• [Collected data entries]:
'''

-- ===== src/Examples/Errors.antt =====
-- Errors at the boundary: errors.go, runner.go and the transports' error mapping.
use procframe.Prelude.{◌≡◌, refl, ◌≤◌, ◌⊎◌, none, some, contains, if◌then◌else◌, true}
use procframe.Errors.{
  Status, Error, plain, wrapping, status_error, cause, ErrorMapper, not_found, conflict, internal,
  status_of, wrap_error, as_error, with_retryable, code_of, error_text, unwrap, new_error,
}
use procframe.Cli.ExitCode.{exit_code}
use procframe.Cli.MapError.{map_error}
use procframe.Connect.Errors.{map_code, to_connect_error}
use procframe.Ws.Frame.{error_frame, to_error_frame}
use procframe.Boundary.{
  classify, reported, detail, connect_error, transports_agree, map_error_carries, code_of_exit,
  code_of_connect, canonical, codes_faithful,
}

abbrev missing : Error
missing = plain "no such key"

-- A mapper that knows one error.
abbrev store_mapper : ErrorMapper
store_mapper (plain t) = some (record { code = not_found; message = t; retryable = true })
store_mapper _ = none

transports_agree_example :
    let status = reported missing (classify (some store_mapper) missing) in
    (to_error_frame "s-1" missing (some store_mapper) ≡ error_frame "s-1" (detail status))
    × (to_connect_error missing (some store_mapper) ≡ connect_error status)
    × ((map_error (some store_mapper) missing).0 ≡ classify (some store_mapper) missing)
transports_agree_example = transports_agree (some store_mapper) "s-1" missing

map_error_carries_example :
    let (status, returned) = map_error (some store_mapper) missing in
    (status_of returned ≡ status)
    × ((returned ≡ missing) ⊎ ((s : Status) × (returned ≡ status_error s (cause missing))))
map_error_carries_example = map_error_carries (some store_mapper) missing

codes_faithful_example :
    let shown = if contains conflict canonical then conflict else internal in
    (code_of_exit (exit_code conflict) ≡ shown)
    × (code_of_connect (map_code conflict) ≡ shown)
    × (1 ≤ exit_code conflict)
    × (exit_code conflict ≤ 8)
codes_faithful_example = codes_faithful conflict

-- A status is found behind an error that wraps it, and the outermost one counts.
wrapped_code :
    code_of (
      wrapping "load: not here"
        (as_error (wrap_error not_found "not here" (as_error (new_error conflict "busy")))))
    ≡ some not_found
unfolding code_of wrap_error new_error
wrapped_code = refl

retry_text : error_text (as_error (with_retryable (new_error conflict "busy"))) ≡ "conflict: busy"
unfolding error_text with_retryable new_error
retry_text = refl

unwrapped : unwrap (wrap_error conflict "busy" missing) ≡ some missing
unfolding unwrap wrap_error
unwrapped = refl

'''

• [Task prompt]: Each record must appear again, word for word.

• [Result of this task]:
-- ===== src/Examples/Errors.antt =====
-- Errors at the boundary: errors.go, runner.go and the transports' error mapping.
use procframe.Prelude.{◌≡◌, refl, ◌≤◌, ◌⊎◌, none, some, contains, if◌then◌else◌, true}
use procframe.Errors.{
  Status, Error, plain, wrapping, status_error, cause, ErrorMapper, not_found, conflict, internal,
  status_of, wrap_error, as_error, with_retryable, code_of, error_text, unwrap, new_error,
}
use procframe.Cli.ExitCode.{exit_code}
use procframe.Cli.MapError.{map_error}
use procframe.Connect.Errors.{map_code, to_connect_error}
use procframe.Ws.Frame.{error_frame, to_error_frame}
use procframe.Boundary.{
  classify, reported, detail, connect_error, transports_agree, map_error_carries, code_of_exit,
  code_of_connect, canonical, codes_faithful,
}

abbrev missing : Error
missing = plain "no such key"

-- A mapper that knows one error.
abbrev store_mapper : ErrorMapper
store_mapper (plain t) = some (record { code = not_found; message = t; retryable = true })
store_mapper _ = none

transports_agree_example :
    let status = reported missing (classify (some store_mapper) missing) in
    (to_error_frame "s-1" missing (some store_mapper) ≡ error_frame "s-1" (detail status))
    × (to_connect_error missing (some store_mapper) ≡ connect_error status)
    × ((map_error (some store_mapper) missing).0 ≡ classify (some store_mapper) missing)
transports_agree_example = transports_agree (some store_mapper) "s-1" missing

map_error_carries_example :
    let (status, returned) = map_error (some store_mapper) missing in
    (status_of returned ≡ status)
    × ((returned ≡ missing) ⊎ ((s : Status) × (returned ≡ status_error s (cause missing))))
map_error_carries_example = map_error_carries (some store_mapper) missing

codes_faithful_example :
    let shown = if contains conflict canonical then conflict else internal in
    (code_of_exit (exit_code conflict) ≡ shown)
    × (code_of_connect (map_code conflict) ≡ shown)
    × (1 ≤ exit_code conflict)
    × (exit_code conflict ≤ 8)
codes_faithful_example = codes_faithful conflict

-- A status is found behind an error that wraps it, and the outermost one counts.
wrapped_code :
    code_of (
      wrapping "load: not here"
        (as_error (wrap_error not_found "not here" (as_error (new_error conflict "busy")))))
    ≡ some not_found
unfolding code_of wrap_error new_error
wrapped_code = refl

retry_text : error_text (as_error (with_retryable (new_error conflict "busy"))) ≡ "conflict: busy"
unfolding error_text with_retryable new_error
retry_text = refl

unwrapped : unwrap (wrap_error conflict "busy" missing) ≡ some missing
unfolding unwrap wrap_error
unwrapped = refl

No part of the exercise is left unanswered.